MY FAITH JOURNEY: Attitude of Gratitude
I was asked to speak for a few minutes today on Gratitude. First, I want to thank all of you at FUMC and the Holy Spirit for being in my heart as Sam and I lived in rural Utah these past 7 years. It is wonderful to see so many of you again and I look forward to meeting more of the congregation and catching up with the many opportunities to serve in mission outreach.
I’m grateful that I can talk to Jesus any time any day anywhere. He’s always there. When I pray, there is usually a ‘Please Jesus help me through this!” or a “Thank you Jesus for getting me through that!” Looking back, I thought about the hard times when it was difficult to even think of being grateful and I also thought about how grateful I am to have survived and grown through hard times so that I am now better able to serve others. Sometimes it seems never-ending and overwhelming when bad things happen. I hope my experience is a good example of what God has done in my life and how you too can count on Him to help you through to an Attitude of Gratitude and a grateful harvest of the fruits of His Love and devotion to all His children.
The top stressors in life include death, divorce, major illness, moving, job loss. As a congregation, we as a church family often hear of many of these big stressors and actively pray for each other silently or in person for ‘Peace be with you’ and answer back ‘also with you.’ It is our reminder that we not only have God walking with us, but each other and I am truly grateful to be back here with all of you and Rev. Eunsang after so long away.
The biggest stressor for me, standing in the way of an attitude of gratitude, has been divorce. When I divorced Sam’s dad, it was the first time in my life that I was not employed. Sam was a baby, I had been away from God for at least a decade, I lived far away from family, and honestly had built my whole world around my husband, home, and baby and had no friends to turn to. I hadn’t meant to build a self-centered home, but that’s what we did in our marriage. We did not attend church nor acknowledge God into our home even though we were both raised in the Methodist church. We showed love for our neighbors, but at arm’s length. So, when I found myself alone, unemployed, with a baby, and soon after, a broken-down car, a fence blown over by the wind, and a roof needing replacement, I hit a low of emotional numbness and depression and was in a deep dark hole of despair. I had myself and a baby to raise, so I started getting my house in order and turned my life back over to God to take the wheel. Sam and I went back to church right away at Hilltop UMC in Sandy, Utah, where I renewed my membership and Sam was baptized. I had an abundance of requests go up to God during that time and not many prayers in gratitude.

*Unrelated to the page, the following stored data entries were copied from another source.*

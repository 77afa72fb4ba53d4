-- ===== src/Applypatch/Rules.antt =====
-- Rules for what holds in the states through which the calls of applypatch/applypatch.c pass.
use midnight_i9000_recovery.Common.Run.{Run, Returns}
use midnight_i9000_recovery.Applypatch.Disk.{Stepped, World, perform, stepped, demand}
use midnight_i9000_recovery.Common.{
  ◌≡◌, refl, Bool, true, false, List, [], ◌∷◌, ◌++◌, Option, none, some, if◌then◌else◌,
}
use midnight_i9000_recovery.Common.Prog.{Prog, return, fail, ◌>>=◌, >>=-Returns}

abbrev pub Every : {S : Type 0} → (S → Type 0) → List S → Type 0
Every R [] = Unit
Every R (s ∷ ss) = R s × Every R ss

-- A call keeps to `R` while it runs and when it ends.
abbrev pub Kept : {S A : Type 0} → (S → Type 0) → Stepped S A → Type 0
Kept R st = Every R st.during × R st.after

module _ {S : Type 0} where
  pub Every-append :
      (R : S → Type 0) (xs ys : List S) → Every R xs → Every R ys → Every R (xs ++ ys)
  Every-append R [] ys h k = k
  Every-append R (x ∷ xs) ys (a, h) k = (a, Every-append R xs ys h k)

  pub Every-map :
      (P R : S → Type 0) → ((s : S) → P s → R s) → (xs : List S) → Every P xs → Every R xs
  Every-map P R f [] h = tt
  Every-map P R f (x ∷ xs) (a, h) = (f x a, Every-map P R f xs h)

  pub Kept-map :
      {A : Type 0} (P R : S → Type 0)
      → ((s : S) → P s → R s)
      → (st : Stepped S A) → Kept P st
      → Kept R st
  Kept-map P R f st (during, after) = (Every-map P R f st.during during, f st.after after)

module _ {S : Type 0} (R : S → Type 0) where
  -- `R` is true now, and was true in all the states before.
  abbrev pub Safe : World S → Type 0
  Safe w = R w.now × Every R w.passed

  -- All states are safe, and where the call succeeds, `D` is true of its value and the state.
  abbrev pub Post : {A : Type 0} → (A → S → Type 0) → Option A × World S → Type 0
  Post D (none, w) = Safe w
  Post D (some a, w) = D a w.now × Safe w

  pub stepped-Safe :
      {A : Type 0} (st : Stepped S A) (w : World S) → Safe w → Kept R st → Safe (stepped st w)
  stepped-Safe st w (here, before) (during, after) =
      (after, (here, Every-append R st.during w.passed during before))

  pub perform-Post :
      {A : Type 0} (D : A → S → Type 0) (op : S → Stepped S A) (w : World S)
      → Safe w
      → Kept R (op w.now)
      → D (op w.now).result (op w.now).after
      → Returns (perform op w) (Post D)
  perform-Post D op w safe kept d = (
    (some (op w.now).result, stepped (op w.now) w),
    refl,
    (d, stepped-Safe (op w.now) w safe kept),
  )

  pub return-Post :
      {A : Type 0} (D : A → S → Type 0) (a : A) (w : World S)
      → D a w.now
      → Safe w
      → Returns (return a w) (Post D)
  return-Post D a w d safe = ((some a, w), refl, (d, safe))

  pub fail-Post :
      {A : Type 0} (D : A → S → Type 0) (w : World S) → Safe w → Returns (fail {A = A} w) (Post D)
  fail-Post D w safe = ((none, w), refl, safe)

  pub bind-Post :
      {A B : Type 0} (D : A → S → Type 0) (E : B → S → Type 0) (m : Prog (World S) A)
      (f : A → Prog (World S) B) (w : World S)
      → Returns (m w) (Post D)
      → ((a : A) (w' : World S) → D a w'.now → Safe w' → Returns (f a w') (Post E))
      → Returns ((m >>= f) w) (Post E)
  bind-Post D E m f w first next =
      >>=-Returns {P = Post D} {Q = Post E} m f w first (λ w' safe. safe)
        (λ a w' h. next a w' h.0 h.1)

  -- A call that has to succeed; `D` may use that it did.
  pub demand-Post :
      (D : S → Type 0) (op : S → Stepped S Bool) (w : World S)
      → Safe w
      → Kept R (op w.now)
      → ((op w.now).result ≡ true → D (op w.now).after)
      → Returns (demand op w) (Post (λ _. D))
  demand-Post D op w safe kept d =
      bind-Post (λ b s. b ≡ true → D s) (λ _. D) (perform op)
        (λ succeeded. if succeeded then return tt else fail) w
        (perform-Post (λ b s. b ≡ true → D s) op w safe kept d) after
    where
      after :
          (b : Bool) (w' : World S)
          → (b ≡ true → D w'.now)
          → Safe w'
          → Returns ((if b then return tt else fail) w') (Post (λ _. D))
      after true w' d' safe' = return-Post (λ _. D) tt w' (d' refl) safe'
      after false w' d' safe' = fail-Post (λ _. D) w' safe'

  -- A weaker result.
  pub Post-map :
      {A : Type 0} (D E : A → S → Type 0) (run : Run (Option A × World S))
      → ((a : A) (s : S) → D a s → E a s)
      → Returns run (Post D)
      → Returns run (Post E)
  Post-map D E run f ((none, w), e, post) = ((none, w), e, post)
  Post-map D E run f ((some a, w), e, (d, safe)) = ((some a, w), e, (f a w.now d, safe))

Sam and I lived away from Utah when I married my 2nd husband which ended quickly. When we moved back to Utah, we ended up living in a, “well loved,” “naturally ventilated,” fixer upper that was for sale at the bottom of the market. Once again, unemployed, needing to get back on my feet, it was a very difficult time. Some of you may remember that first year back or have heard me talk about it. I was so devastated from this 2nd divorce that I cried for a year in the back pew and generally was an emotional wreck throughout a five-year legal situation related to the divorce. After that first year, I was asked to serve as a Sunday School teacher and later with the trustees. Though my life was still in turmoil and we as a church had a lot of decisions to make, I knew that we were all in it together and looked forward to literally receiving Jesus into my body each Sunday during communion and could hear Rev. Brian back then preach the Word with passion.
I’m grateful first to the Holy Spirit for being in my heart, that God sent me my child Sam, that He sent Jesus and others to help me when I needed help, that Rev. Eunsang is here as our guide in the Word, Sacrament, Order, and Service, and that I am in this congregation with all of YOU! I was crying the other Sunday in the back row when David played his violin accompanied by Scott on the piano. Behind them was the organ in mid-installation after its 6 years of fundraising and restoration. I am grateful that my tears are now of happiness.
I want all of you to know that you are never ever alone. If you call on Jesus, He’ll be there for you and will comfort you. Tell Him all about it! He can take it! Talk to brothers and sisters here in the congregation or in the community. Together, we can find peace and then in turn help others through giving back by our tithe offerings, service in the many mission opportunities, or what may be the smallest most meaningful part of our day – a smile, a hug, and a prayer – to encourage each other and express our gratitude. It’s good to be back!